CMS公開データで暗黒物質探索に Neural Spline Flows を適用
導入
加速器での暗黒物質探索では、暗黒物質そのものを直接観測するのではなく、検出器から逃げる粒子が残す運動量の不均衡を探す。今回の arXiv 論文は、その代表的な経路の一つである mono-Z チャンネルに注目した。暗黒物質候補が Z ボソンと同時に生成され、Z ボソンが荷電レプトン対へ崩壊する事象を対象にしている。

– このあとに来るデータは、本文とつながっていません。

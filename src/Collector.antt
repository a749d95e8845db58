-- ===== src/Collector.antt =====
-- internal/collector/collector.go: one collection attempt. What a run meets outside of the program
-- (the previous state file, the source's answer, the clock, the log's writer, the two file writes)
-- is the record Env; what it changes is the record World.
pub mod Prepare
pub mod Run
pub mod Extends
pub mod Logged
pub mod Commit
pub mod Unwritten
pub mod Reported
pub mod Files
pub mod Source
pub mod Reportable
pub mod Done
pub mod Announced
use dhcp_lease_observer.Prelude.{
  ℕ, suc, Bool, true, false, ◌&&◌, Option, none, some, [], ◌++◌, map, Result, Validation, ok, err,
  leb, length, ℤ, pos, ltb_ℤ, if◌then◌else◌,
}
use dhcp_lease_observer.Text.{Bytes, codes, is_label_byte, one_or_more}
use dhcp_lease_observer.Clock.{Time, zero_time, utc, sub_time}
use dhcp_lease_observer.Identity.{Generator}
use dhcp_lease_observer.State.{Snapshot, validate}
use dhcp_lease_observer.Session
use dhcp_lease_observer.Output.{Sink, Log, StatusEvent, OutputError, write_status_event}
use dhcp_lease_observer.Output.Metrics.{Metrics, metrics_validate}

-- An error of the source: a session failure, a transport error with its kind, or another one.
pub data CollectError : Type 0 where
  session_error : Session.Failure → CollectError
  transport_error : Bytes → Bool → CollectError
  other_error : CollectError

-- `transport.CommandBodies`
pub record CommandBodies : Type 0 where
  pub lease_observed_at : Time
  pub lease : Bytes
  pub arp : Bytes
  pub arp_failure : Option CollectError

-- The state file: absent, not to be read, or with a valid state.
pub data Loaded : Type 0 where
  absent unreadable : Loaded
  found : Snapshot → Loaded

-- An atomic write: the file is replaced and the call succeeds, the call fails and the file stays,
-- or the file is replaced and the sync of its directory fails.
pub data WriteOutcome : Type 0 where
  replaced unchanged replaced_unsynced : WriteOutcome

pub record Env : Type 0 where
  pub load : Loaded
  pub collected : Result CollectError CommandBodies
  pub now : ℕ → Time
  pub sink : Sink
  pub state_write : WriteOutcome
  pub metrics_write : WriteOutcome

-- The two files, the log, and how often the clock was read.
pub record World : Type 0 where
  pub store : Option Snapshot
  pub metrics : Option Metrics
  pub log : Log
  pub readings : ℕ

pub record Runner : Type 0 where
  pub complete : Bool
  pub identity : Option Generator
  pub source_name : Bytes
  pub source_instance : Bytes
  pub scope : Bytes

pub record Failure : Type 0 where
  pub kind : Bytes
  pub retryable : Bool
  pub command : Bytes

-- `failure.Error()`
unfoldable pub failure_text : Failure → Bytes
failure_text f = codes "collector attempt failed: " ++ f.kind

pub record RunResult : Type 0 where
  pub events : ℕ
  pub arp_available : Bool

abbrev pub new_failure : Bytes → Bool → Failure
new_failure kind retryable = record { kind = kind; retryable = retryable; command = [] }

-- `^[A-Za-z0-9._-]{1,128}$`
unfoldable pub is_label : Bytes → Bool
is_label s = one_or_more is_label_byte s && leb (length s) 128

unfoldable pub classify_error : CollectError → Failure
classify_error (session_error f) = record {
  kind = Session.kind_text f.kind;
  retryable = f.retryable;
  command = f.command;
}
classify_error (transport_error kind retryable) = new_failure kind retryable
classify_error other_error = new_failure (codes "acquisition_failed") true

abbrev pub non_negative_duration : ℤ → ℤ
non_negative_duration value = if ltb_ℤ value (pos 0) then pos 0 else value

-- `runner.Now().UTC()`
abbrev pub read_clock : Env → World → Time × World
read_clock env w = (utc (env.now w.readings), record w { readings = suc w.readings })

-- `runner.metrics`
unfoldable pub metrics_of : Runner → Bool → Time → ℤ → Option Snapshot → Metrics
metrics_of runner up last_attempt duration none = record {
  source_instance = runner.source_instance;
  up = up;
  last_attempt = last_attempt;
  last_success = zero_time;
  collection_duration = duration;
  leases = [];
}
metrics_of runner up last_attempt duration (some snapshot) = record {
  source_instance = runner.source_instance;
  up = up;
  last_attempt = last_attempt;
  last_success = snapshot.observed_at;
  collection_duration = duration;
  leases =
      map
        (λ l. record { device_id = l.device_id; ip = l.ip; scope = runner.scope; state = l.state })
        snapshot.leases;
}

abbrev pub write_file {ℓ} : {A : Type ℓ} → WriteOutcome → A → Option A → Bool × Option A
write_file replaced new old = (true, some new)
write_file unchanged new old = (false, old)
write_file replaced_unsynced new old = (false, some new)

-- `output.SavePrometheus`: metrics that are not valid leave the file as it is.
unfoldable pub save_prometheus : Env → Metrics → World → Bool × World
save_prometheus env m w = elim (metrics_validate m) [
  | err _ ↦ (false, w)
  | ok _ ↦
      let (done, file) = write_file env.metrics_write m w.metrics in
      (done, record w { metrics = file })
]

-- `state.Save`
unfoldable pub save_state : Env → Snapshot → World → Bool × World
save_state env s w = elim (validate s) [
  | err _ ↦ (false, w)
  | ok _ ↦
      let (done, file) = write_file env.state_write s w.store in (done, record w { store = file })
]

abbrev pub succeeded : Validation OutputError → Bool
succeeded (ok _) = true
succeeded (err _) = false

abbrev pub log_status : Env → StatusEvent → World → Bool × World
log_status env event w =
    let (result, log) = write_status_event env.sink event w.log in
    (succeeded result, record w { log = log })

abbrev pub failure_status : Runner → Time → Failure → StatusEvent
failure_status runner observed_at f = record {
  version = pos 1;
  observed_at = observed_at;
  event = codes "collector_status";
  severity = codes "error";
  source = runner.source_name;
  source_instance = runner.source_instance;
  status = codes "failed";
  failure_class = f.kind;
  retryable = f.retryable;
  command = f.command;
}

-- `runner.writeFailureStatus`, and the failure that is returned after it.
unfoldable pub report : Env → Runner → Time → Failure → World → Failure × World
report env runner observed_at f w =
    let (done, w') = log_status env (failure_status runner observed_at f) w in
    (if done then f else new_failure (codes "event_output_failed") true, w')

-- `runner.fail`
unfoldable pub fail : Env → Runner → Time → Option Snapshot → Failure → World → Failure × World
fail env runner started_at previous f w =
    let (observed_at, w₁) = read_clock env w in
    let duration = non_negative_duration (sub_time observed_at started_at) in
    let (done, w₂) =
      save_prometheus env (metrics_of runner false started_at duration previous) w₁ in
    report env runner observed_at
      (if done then f else new_failure (codes "metrics_write_failed") true) w₂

解析には、重心系エネルギー 13 TeV、積分ルミノシティ 2.32 fb⁻¹ に相当する CMS Run 2015D の公開データと、簡略化モデルに基づくモンテカルロシミュレーションが使われた。対象は μμ チャンネルと ee チャンネルであり、公開データを使った機械学習ベースの物理探索として興味深い事例になっている。
主要ポイント
- 公開データを用いた再解析:CMS の MINIAOD と MINIAODSIM から事象情報を取り出し、公開データだけでも本格的な解析フローを構築できることを示した。
- 高次元の運動学情報を活用:40 個の運動学的観測量を抽出し、物理的な基準でクリーニングしたうえで、37 次元の特徴ベクトルに整理した。
- Neural Spline Flows による密度推定:5 つのフローモデルを個別に訓練し、標準模型背景と媒介粒子ごとの暗黒物質信号の確率密度をモデル化した。
- 尤度比による事象スコア:各事象について、信号密度と背景密度の対数尤度比から検定統計量を構成した。これにより、単純な欠損横エネルギーの閾値だけに頼らず、相空間全体の情報を利用できる。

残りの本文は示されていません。